One part of the entries below is wanted: the lines from the one containing "(id : Text) (index" through the one containing "rw (register_vm, known, lost)". Write those out exactly and nothing else.

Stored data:
—————

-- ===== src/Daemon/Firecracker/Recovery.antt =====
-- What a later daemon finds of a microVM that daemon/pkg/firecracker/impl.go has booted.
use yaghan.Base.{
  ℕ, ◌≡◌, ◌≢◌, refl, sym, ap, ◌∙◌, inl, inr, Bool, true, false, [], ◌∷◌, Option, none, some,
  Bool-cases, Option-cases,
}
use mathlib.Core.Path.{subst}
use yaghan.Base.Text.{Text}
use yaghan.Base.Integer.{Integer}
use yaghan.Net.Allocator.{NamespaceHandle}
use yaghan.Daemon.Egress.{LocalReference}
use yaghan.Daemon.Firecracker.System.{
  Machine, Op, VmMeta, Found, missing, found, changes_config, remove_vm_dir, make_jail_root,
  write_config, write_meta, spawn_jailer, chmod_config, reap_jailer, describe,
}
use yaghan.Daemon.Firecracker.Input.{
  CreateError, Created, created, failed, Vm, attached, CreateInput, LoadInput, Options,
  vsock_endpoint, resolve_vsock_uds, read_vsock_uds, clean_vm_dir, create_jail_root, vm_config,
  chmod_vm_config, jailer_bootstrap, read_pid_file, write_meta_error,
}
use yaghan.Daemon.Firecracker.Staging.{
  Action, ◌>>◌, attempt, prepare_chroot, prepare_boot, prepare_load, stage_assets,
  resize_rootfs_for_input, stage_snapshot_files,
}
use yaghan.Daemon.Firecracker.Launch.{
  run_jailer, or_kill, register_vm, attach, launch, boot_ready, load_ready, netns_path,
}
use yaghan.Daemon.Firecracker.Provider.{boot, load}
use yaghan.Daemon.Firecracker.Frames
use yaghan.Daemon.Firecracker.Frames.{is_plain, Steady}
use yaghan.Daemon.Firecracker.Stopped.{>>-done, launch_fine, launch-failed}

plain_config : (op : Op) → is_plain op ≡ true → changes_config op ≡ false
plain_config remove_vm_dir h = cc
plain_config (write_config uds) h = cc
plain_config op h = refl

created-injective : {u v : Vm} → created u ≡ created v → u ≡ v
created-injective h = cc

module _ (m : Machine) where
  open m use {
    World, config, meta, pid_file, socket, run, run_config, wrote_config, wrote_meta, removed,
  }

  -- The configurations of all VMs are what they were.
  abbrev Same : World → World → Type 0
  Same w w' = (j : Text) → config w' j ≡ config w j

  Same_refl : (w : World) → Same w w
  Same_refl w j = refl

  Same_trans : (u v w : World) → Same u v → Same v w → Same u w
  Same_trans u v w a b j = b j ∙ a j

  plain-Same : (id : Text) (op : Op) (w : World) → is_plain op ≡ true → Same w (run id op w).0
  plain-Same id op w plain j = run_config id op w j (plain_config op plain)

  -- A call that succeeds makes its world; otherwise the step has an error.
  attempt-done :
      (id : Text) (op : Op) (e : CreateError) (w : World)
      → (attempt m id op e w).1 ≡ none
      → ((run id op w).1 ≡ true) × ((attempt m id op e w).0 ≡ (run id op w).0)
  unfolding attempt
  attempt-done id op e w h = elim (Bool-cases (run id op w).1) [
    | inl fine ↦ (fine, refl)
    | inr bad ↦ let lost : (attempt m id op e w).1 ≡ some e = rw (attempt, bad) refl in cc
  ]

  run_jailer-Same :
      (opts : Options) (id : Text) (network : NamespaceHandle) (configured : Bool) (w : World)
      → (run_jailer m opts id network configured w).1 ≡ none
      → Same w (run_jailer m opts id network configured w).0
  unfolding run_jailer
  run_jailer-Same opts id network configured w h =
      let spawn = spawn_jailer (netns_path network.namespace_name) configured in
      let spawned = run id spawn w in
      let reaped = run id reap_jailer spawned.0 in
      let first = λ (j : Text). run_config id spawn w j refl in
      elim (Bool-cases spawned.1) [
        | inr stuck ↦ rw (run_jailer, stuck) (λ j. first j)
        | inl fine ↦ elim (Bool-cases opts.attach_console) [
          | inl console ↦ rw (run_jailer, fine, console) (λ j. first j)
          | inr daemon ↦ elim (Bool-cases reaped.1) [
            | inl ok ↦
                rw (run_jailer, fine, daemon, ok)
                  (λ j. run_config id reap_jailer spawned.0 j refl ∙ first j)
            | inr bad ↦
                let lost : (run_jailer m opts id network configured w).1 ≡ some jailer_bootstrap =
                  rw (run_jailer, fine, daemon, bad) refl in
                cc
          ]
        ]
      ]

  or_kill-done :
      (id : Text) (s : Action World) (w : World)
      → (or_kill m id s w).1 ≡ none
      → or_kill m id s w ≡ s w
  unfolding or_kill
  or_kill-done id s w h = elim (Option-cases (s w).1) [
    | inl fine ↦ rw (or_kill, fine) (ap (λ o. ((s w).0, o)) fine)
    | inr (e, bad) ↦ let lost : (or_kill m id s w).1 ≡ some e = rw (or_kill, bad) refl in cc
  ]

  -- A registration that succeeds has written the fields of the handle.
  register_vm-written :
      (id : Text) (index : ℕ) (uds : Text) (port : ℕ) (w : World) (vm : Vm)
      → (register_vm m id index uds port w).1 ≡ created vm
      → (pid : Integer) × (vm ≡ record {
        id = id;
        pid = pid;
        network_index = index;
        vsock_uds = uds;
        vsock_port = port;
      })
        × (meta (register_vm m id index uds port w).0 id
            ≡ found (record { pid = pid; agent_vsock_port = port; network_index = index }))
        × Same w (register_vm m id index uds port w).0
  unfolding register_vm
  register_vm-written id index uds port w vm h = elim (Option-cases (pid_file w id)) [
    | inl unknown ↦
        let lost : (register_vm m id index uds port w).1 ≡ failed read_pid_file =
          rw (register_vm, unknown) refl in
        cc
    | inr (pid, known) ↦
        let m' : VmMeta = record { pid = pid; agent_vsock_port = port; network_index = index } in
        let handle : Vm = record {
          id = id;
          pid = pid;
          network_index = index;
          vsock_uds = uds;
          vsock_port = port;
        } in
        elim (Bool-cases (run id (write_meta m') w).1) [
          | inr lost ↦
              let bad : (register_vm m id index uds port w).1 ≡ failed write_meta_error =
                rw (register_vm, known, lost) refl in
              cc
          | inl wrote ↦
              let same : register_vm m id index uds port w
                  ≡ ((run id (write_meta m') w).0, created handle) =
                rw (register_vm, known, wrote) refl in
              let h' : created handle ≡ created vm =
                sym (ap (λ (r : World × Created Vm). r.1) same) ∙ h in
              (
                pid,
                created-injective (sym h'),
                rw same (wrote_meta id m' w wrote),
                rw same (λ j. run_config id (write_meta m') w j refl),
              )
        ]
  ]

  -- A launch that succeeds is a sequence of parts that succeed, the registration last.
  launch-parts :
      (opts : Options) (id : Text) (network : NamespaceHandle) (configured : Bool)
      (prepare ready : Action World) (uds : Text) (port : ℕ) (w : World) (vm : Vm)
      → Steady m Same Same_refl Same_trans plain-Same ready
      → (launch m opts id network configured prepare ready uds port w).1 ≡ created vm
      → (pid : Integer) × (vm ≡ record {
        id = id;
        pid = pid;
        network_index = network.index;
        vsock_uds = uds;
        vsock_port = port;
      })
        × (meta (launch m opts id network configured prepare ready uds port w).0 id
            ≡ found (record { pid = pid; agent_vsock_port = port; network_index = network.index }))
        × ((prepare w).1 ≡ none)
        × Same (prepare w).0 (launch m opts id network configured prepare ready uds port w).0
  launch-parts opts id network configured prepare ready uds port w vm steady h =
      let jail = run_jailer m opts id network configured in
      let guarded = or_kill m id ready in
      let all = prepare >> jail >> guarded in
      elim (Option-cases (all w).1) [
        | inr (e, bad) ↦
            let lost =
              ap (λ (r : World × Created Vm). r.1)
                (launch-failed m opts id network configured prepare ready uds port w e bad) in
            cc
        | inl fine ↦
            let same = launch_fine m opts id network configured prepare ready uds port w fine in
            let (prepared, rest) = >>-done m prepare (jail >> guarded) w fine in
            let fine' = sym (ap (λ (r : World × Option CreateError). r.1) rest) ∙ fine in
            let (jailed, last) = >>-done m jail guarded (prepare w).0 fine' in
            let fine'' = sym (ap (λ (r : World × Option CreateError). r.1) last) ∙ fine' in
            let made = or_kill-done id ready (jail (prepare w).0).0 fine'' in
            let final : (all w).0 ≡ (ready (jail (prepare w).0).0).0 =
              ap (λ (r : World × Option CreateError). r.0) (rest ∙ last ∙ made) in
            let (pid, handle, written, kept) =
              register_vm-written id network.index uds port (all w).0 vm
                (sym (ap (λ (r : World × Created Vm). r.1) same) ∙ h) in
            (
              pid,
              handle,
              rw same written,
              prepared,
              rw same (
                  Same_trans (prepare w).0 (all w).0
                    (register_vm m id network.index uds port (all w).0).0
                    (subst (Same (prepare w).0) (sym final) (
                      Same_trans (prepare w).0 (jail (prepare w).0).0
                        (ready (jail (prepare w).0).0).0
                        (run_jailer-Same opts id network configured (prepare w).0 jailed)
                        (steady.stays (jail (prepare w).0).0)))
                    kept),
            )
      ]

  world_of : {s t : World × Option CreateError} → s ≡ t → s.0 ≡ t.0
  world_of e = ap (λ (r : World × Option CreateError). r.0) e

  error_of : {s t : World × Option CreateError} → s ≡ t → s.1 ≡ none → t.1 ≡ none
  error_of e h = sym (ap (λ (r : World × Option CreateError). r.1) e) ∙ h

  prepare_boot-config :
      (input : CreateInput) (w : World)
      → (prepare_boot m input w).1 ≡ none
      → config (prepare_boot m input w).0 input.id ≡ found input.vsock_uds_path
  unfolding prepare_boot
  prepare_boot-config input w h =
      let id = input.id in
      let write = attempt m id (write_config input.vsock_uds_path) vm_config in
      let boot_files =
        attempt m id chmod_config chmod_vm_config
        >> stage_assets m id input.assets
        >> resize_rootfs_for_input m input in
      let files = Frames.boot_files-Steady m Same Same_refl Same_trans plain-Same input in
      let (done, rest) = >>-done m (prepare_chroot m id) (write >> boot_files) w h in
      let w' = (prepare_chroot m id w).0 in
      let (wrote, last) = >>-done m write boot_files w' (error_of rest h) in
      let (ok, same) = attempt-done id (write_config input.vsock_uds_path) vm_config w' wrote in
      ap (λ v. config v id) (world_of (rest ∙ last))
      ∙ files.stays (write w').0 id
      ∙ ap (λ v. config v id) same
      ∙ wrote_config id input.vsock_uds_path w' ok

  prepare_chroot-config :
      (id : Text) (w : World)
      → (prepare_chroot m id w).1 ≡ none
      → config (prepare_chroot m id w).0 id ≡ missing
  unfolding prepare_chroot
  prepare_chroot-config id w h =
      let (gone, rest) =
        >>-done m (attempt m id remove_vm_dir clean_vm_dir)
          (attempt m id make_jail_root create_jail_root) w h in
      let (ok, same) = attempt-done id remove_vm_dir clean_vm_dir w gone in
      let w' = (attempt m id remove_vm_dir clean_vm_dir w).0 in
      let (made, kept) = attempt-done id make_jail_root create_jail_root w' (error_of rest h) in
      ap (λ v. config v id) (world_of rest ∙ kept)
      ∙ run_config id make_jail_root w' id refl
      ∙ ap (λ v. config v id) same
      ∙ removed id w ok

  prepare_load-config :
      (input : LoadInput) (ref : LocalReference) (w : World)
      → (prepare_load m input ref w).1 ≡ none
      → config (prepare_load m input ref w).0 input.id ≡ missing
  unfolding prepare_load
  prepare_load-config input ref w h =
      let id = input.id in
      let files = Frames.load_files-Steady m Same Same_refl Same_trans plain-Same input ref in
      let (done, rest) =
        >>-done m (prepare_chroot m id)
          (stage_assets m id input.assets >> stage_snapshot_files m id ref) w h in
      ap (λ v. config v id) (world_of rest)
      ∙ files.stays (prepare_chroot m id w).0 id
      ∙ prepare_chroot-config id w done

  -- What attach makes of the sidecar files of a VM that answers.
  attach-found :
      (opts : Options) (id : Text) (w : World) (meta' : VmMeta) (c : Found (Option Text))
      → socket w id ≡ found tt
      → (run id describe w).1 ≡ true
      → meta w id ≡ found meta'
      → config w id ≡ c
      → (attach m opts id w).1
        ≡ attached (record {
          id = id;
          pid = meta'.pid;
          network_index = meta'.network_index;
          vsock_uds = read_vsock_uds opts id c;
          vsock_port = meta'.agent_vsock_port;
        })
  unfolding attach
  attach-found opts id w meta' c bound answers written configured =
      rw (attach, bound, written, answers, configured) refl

—————

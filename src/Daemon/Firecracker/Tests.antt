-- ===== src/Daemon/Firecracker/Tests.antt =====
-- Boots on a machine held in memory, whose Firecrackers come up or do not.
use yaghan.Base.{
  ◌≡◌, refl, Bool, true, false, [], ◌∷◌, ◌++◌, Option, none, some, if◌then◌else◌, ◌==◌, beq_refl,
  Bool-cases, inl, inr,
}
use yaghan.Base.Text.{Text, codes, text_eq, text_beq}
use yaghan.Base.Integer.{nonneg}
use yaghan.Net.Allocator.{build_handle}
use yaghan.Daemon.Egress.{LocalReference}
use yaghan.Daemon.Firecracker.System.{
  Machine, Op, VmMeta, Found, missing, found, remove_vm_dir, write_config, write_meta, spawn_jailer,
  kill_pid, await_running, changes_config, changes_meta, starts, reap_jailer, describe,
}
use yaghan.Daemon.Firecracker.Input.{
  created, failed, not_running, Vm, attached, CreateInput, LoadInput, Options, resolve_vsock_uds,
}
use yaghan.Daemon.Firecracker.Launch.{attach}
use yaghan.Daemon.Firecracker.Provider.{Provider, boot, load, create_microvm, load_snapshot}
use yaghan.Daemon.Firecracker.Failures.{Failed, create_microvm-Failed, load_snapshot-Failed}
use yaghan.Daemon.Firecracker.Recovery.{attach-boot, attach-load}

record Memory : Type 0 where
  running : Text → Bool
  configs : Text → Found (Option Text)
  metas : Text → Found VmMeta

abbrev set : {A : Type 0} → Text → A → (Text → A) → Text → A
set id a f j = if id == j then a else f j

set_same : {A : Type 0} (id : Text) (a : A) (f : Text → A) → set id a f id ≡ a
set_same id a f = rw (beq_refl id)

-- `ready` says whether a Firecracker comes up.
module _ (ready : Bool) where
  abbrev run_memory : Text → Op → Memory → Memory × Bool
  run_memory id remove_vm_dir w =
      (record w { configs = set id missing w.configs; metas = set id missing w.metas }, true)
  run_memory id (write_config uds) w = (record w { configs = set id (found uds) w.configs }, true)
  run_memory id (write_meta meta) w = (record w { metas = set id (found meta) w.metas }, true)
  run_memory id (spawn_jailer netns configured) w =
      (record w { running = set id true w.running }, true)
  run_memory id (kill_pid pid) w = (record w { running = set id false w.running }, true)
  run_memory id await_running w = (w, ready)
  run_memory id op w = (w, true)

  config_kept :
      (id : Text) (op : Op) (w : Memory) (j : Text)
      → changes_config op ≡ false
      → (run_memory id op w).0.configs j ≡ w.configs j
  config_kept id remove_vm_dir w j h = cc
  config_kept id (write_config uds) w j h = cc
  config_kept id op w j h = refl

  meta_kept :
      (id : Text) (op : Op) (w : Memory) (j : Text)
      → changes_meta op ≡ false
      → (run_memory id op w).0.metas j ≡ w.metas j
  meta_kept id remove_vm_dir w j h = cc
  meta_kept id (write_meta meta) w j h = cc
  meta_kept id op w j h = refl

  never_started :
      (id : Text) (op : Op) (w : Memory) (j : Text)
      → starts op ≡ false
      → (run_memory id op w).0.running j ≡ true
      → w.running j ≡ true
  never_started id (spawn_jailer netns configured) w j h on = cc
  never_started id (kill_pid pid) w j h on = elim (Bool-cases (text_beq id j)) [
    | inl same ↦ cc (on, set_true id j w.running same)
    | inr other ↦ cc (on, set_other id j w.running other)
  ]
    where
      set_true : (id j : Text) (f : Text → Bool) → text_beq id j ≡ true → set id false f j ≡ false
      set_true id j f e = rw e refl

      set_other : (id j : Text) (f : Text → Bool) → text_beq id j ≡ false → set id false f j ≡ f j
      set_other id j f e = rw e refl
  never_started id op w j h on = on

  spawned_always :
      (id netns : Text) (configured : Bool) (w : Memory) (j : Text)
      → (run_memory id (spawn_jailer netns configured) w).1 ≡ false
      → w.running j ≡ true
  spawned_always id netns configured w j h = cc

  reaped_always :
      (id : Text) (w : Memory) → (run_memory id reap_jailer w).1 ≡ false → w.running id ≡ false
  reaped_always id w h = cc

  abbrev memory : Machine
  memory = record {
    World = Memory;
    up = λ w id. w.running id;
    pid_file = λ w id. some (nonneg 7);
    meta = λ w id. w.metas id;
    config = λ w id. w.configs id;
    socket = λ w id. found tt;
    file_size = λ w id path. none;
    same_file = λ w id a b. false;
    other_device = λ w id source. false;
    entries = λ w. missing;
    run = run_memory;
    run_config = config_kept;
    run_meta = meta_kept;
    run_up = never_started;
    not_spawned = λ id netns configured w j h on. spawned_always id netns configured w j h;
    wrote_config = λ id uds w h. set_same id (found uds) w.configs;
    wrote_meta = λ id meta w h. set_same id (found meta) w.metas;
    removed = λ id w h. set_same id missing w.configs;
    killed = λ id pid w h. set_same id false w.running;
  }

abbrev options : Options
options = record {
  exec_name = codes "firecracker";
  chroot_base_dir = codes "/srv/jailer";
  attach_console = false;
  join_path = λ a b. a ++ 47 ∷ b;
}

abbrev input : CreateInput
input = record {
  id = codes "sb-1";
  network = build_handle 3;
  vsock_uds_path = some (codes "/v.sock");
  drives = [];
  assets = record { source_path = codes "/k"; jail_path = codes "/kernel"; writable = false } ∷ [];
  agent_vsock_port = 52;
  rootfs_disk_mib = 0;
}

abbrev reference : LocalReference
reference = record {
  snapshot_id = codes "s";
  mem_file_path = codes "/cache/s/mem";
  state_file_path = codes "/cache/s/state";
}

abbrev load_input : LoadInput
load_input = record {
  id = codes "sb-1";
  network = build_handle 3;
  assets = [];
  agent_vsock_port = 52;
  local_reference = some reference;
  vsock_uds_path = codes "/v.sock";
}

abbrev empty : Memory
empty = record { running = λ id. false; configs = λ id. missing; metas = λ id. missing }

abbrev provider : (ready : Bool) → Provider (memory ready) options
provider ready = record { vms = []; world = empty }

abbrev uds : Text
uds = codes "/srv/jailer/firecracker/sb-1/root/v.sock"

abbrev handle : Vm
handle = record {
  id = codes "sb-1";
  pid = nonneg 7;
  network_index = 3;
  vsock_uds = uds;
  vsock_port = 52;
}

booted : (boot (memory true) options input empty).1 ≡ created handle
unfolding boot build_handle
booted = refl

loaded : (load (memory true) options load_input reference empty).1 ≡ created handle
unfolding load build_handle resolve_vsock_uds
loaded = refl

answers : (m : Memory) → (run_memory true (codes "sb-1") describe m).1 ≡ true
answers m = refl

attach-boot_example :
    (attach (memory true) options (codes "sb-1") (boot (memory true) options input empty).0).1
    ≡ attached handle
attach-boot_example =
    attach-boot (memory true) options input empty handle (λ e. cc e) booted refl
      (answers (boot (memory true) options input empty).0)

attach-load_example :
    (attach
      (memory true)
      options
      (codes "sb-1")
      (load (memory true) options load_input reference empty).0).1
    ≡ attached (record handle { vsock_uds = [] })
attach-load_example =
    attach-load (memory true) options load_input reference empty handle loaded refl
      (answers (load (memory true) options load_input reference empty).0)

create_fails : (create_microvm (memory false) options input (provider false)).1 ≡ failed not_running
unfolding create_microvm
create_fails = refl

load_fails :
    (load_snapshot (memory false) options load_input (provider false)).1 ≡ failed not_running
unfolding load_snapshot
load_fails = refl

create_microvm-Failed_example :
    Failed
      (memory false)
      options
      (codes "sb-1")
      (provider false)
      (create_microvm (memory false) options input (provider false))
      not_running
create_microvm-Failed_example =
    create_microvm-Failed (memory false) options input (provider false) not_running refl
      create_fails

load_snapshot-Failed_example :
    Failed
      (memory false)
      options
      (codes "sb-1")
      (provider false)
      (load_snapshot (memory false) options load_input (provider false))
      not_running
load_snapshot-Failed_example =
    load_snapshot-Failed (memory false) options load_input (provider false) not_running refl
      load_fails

—————

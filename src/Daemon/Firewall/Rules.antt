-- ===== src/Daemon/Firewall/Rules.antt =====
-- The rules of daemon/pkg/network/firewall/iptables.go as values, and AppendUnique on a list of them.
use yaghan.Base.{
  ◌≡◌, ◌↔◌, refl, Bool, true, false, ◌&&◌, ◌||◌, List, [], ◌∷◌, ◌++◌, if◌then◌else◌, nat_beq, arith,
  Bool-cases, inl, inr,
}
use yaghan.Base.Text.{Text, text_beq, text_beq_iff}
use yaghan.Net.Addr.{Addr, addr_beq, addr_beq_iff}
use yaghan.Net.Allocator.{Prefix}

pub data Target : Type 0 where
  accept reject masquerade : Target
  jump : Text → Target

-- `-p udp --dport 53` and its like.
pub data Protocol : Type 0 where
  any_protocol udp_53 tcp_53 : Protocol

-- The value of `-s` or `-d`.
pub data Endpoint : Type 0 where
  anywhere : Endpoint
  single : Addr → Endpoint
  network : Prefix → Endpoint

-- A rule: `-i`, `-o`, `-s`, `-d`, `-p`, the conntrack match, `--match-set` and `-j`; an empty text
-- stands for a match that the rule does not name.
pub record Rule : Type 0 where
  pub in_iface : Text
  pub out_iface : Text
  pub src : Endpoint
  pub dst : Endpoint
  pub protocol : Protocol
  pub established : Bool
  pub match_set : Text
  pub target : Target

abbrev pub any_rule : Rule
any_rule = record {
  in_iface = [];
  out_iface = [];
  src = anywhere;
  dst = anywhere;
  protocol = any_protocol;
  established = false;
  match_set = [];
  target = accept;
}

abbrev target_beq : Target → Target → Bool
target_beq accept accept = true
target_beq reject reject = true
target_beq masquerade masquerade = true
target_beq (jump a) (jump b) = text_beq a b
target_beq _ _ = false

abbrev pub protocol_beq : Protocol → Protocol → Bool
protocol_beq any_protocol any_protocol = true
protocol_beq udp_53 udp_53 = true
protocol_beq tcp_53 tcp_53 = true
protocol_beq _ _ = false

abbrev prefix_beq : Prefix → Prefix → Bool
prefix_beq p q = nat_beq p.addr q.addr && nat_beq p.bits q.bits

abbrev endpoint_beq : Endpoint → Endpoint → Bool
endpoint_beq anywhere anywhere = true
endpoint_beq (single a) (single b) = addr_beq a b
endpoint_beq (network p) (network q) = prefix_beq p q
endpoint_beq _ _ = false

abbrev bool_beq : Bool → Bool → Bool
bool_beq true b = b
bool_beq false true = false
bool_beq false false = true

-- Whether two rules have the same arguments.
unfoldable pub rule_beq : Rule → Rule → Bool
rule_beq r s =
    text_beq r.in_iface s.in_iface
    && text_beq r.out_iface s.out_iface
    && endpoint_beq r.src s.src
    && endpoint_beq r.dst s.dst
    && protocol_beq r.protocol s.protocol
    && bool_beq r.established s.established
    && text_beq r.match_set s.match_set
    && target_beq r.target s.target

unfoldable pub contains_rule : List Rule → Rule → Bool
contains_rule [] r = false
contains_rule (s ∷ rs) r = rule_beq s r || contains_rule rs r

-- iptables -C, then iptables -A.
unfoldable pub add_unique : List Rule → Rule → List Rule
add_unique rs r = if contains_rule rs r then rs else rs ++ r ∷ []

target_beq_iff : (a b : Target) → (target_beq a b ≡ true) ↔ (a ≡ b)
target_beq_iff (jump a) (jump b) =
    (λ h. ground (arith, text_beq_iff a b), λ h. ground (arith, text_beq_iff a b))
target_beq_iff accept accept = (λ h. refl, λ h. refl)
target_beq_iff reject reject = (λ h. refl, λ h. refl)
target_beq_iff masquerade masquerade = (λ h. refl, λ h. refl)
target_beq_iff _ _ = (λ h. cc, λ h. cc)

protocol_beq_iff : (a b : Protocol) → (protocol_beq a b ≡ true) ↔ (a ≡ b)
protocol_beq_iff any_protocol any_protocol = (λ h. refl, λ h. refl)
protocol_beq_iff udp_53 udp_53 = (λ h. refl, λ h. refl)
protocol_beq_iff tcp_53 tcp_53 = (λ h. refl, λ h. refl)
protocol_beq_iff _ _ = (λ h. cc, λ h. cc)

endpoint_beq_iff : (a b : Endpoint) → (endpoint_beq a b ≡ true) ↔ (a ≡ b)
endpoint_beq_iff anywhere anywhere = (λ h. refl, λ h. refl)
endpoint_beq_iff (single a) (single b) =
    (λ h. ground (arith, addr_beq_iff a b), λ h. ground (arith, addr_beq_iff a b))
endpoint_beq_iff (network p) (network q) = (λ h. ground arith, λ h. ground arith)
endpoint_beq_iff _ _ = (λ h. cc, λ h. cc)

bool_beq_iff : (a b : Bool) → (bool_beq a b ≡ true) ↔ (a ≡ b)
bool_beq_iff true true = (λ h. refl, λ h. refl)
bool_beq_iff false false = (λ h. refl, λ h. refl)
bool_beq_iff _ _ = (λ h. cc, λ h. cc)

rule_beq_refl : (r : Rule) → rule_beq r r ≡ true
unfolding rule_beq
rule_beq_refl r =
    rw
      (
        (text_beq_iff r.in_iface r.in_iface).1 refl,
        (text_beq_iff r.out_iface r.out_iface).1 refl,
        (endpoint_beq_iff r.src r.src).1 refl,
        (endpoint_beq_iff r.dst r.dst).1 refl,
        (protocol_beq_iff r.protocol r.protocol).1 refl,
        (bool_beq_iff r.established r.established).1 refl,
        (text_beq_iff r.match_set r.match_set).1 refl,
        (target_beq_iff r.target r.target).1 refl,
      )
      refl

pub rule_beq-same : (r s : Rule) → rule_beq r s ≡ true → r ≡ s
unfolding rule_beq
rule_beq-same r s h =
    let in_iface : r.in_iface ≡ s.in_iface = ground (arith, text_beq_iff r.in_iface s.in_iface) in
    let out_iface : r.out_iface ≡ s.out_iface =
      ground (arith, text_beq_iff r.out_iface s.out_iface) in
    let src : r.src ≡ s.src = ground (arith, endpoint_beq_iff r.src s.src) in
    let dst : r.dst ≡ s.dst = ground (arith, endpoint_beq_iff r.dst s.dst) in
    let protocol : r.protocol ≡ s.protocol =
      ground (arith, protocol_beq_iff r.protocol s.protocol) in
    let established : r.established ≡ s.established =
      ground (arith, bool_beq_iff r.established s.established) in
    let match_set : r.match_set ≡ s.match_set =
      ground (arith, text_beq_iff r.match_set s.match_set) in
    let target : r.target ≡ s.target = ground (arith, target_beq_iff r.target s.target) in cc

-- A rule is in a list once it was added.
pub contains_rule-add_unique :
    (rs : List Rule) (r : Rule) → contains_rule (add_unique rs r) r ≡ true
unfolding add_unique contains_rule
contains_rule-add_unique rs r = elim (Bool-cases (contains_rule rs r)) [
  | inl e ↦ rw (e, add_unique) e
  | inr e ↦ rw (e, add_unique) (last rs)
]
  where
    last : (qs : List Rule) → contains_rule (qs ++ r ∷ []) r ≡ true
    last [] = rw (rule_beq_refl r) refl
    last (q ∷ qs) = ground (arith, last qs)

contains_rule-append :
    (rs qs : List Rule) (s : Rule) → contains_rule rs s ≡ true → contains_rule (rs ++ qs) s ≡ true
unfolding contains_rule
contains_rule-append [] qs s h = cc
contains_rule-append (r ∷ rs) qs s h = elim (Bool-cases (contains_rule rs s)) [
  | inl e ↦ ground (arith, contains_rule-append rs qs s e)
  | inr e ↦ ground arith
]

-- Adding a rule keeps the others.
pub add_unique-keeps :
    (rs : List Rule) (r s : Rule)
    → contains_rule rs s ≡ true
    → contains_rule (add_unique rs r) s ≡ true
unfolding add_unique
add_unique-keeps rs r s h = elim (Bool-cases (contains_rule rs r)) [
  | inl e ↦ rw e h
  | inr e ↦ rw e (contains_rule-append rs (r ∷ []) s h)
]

—————

• Output of the task:
      (id : Text) (index : ℕ) (uds : Text) (port : ℕ) (w : World) (vm : Vm)
      → (register_vm m id index uds port w).1 ≡ created vm
      → (pid : Integer) × (vm ≡ record {
        id = id;
        pid = pid;
        network_index = index;
        vsock_uds = uds;
        vsock_port = port;
      })
        × (meta (register_vm m id index uds port w).0 id
            ≡ found (record { pid = pid; agent_vsock_port = port; network_index = index }))
        × Same w (register_vm m id index uds port w).0
  unfolding register_vm
  register_vm-written id index uds port w vm h = elim (Option-cases (pid_file w id)) [
    | inl unknown ↦
        let lost : (register_vm m id index uds port w).1 ≡ failed read_pid_file =
          rw (register_vm, unknown) refl in
        cc
    | inr (pid, known) ↦
        let m' : VmMeta = record { pid = pid; agent_vsock_port = port; network_index = index } in
        let handle : Vm = record {
          id = id;
          pid = pid;
          network_index = index;
          vsock_uds = uds;
          vsock_port = port;
        } in
        elim (Bool-cases (run id (write_meta m') w).1) [
          | inr lost ↦
              let bad : (register_vm m id index uds port w).1 ≡ failed write_meta_error =
                rw (register_vm, known, lost) refl in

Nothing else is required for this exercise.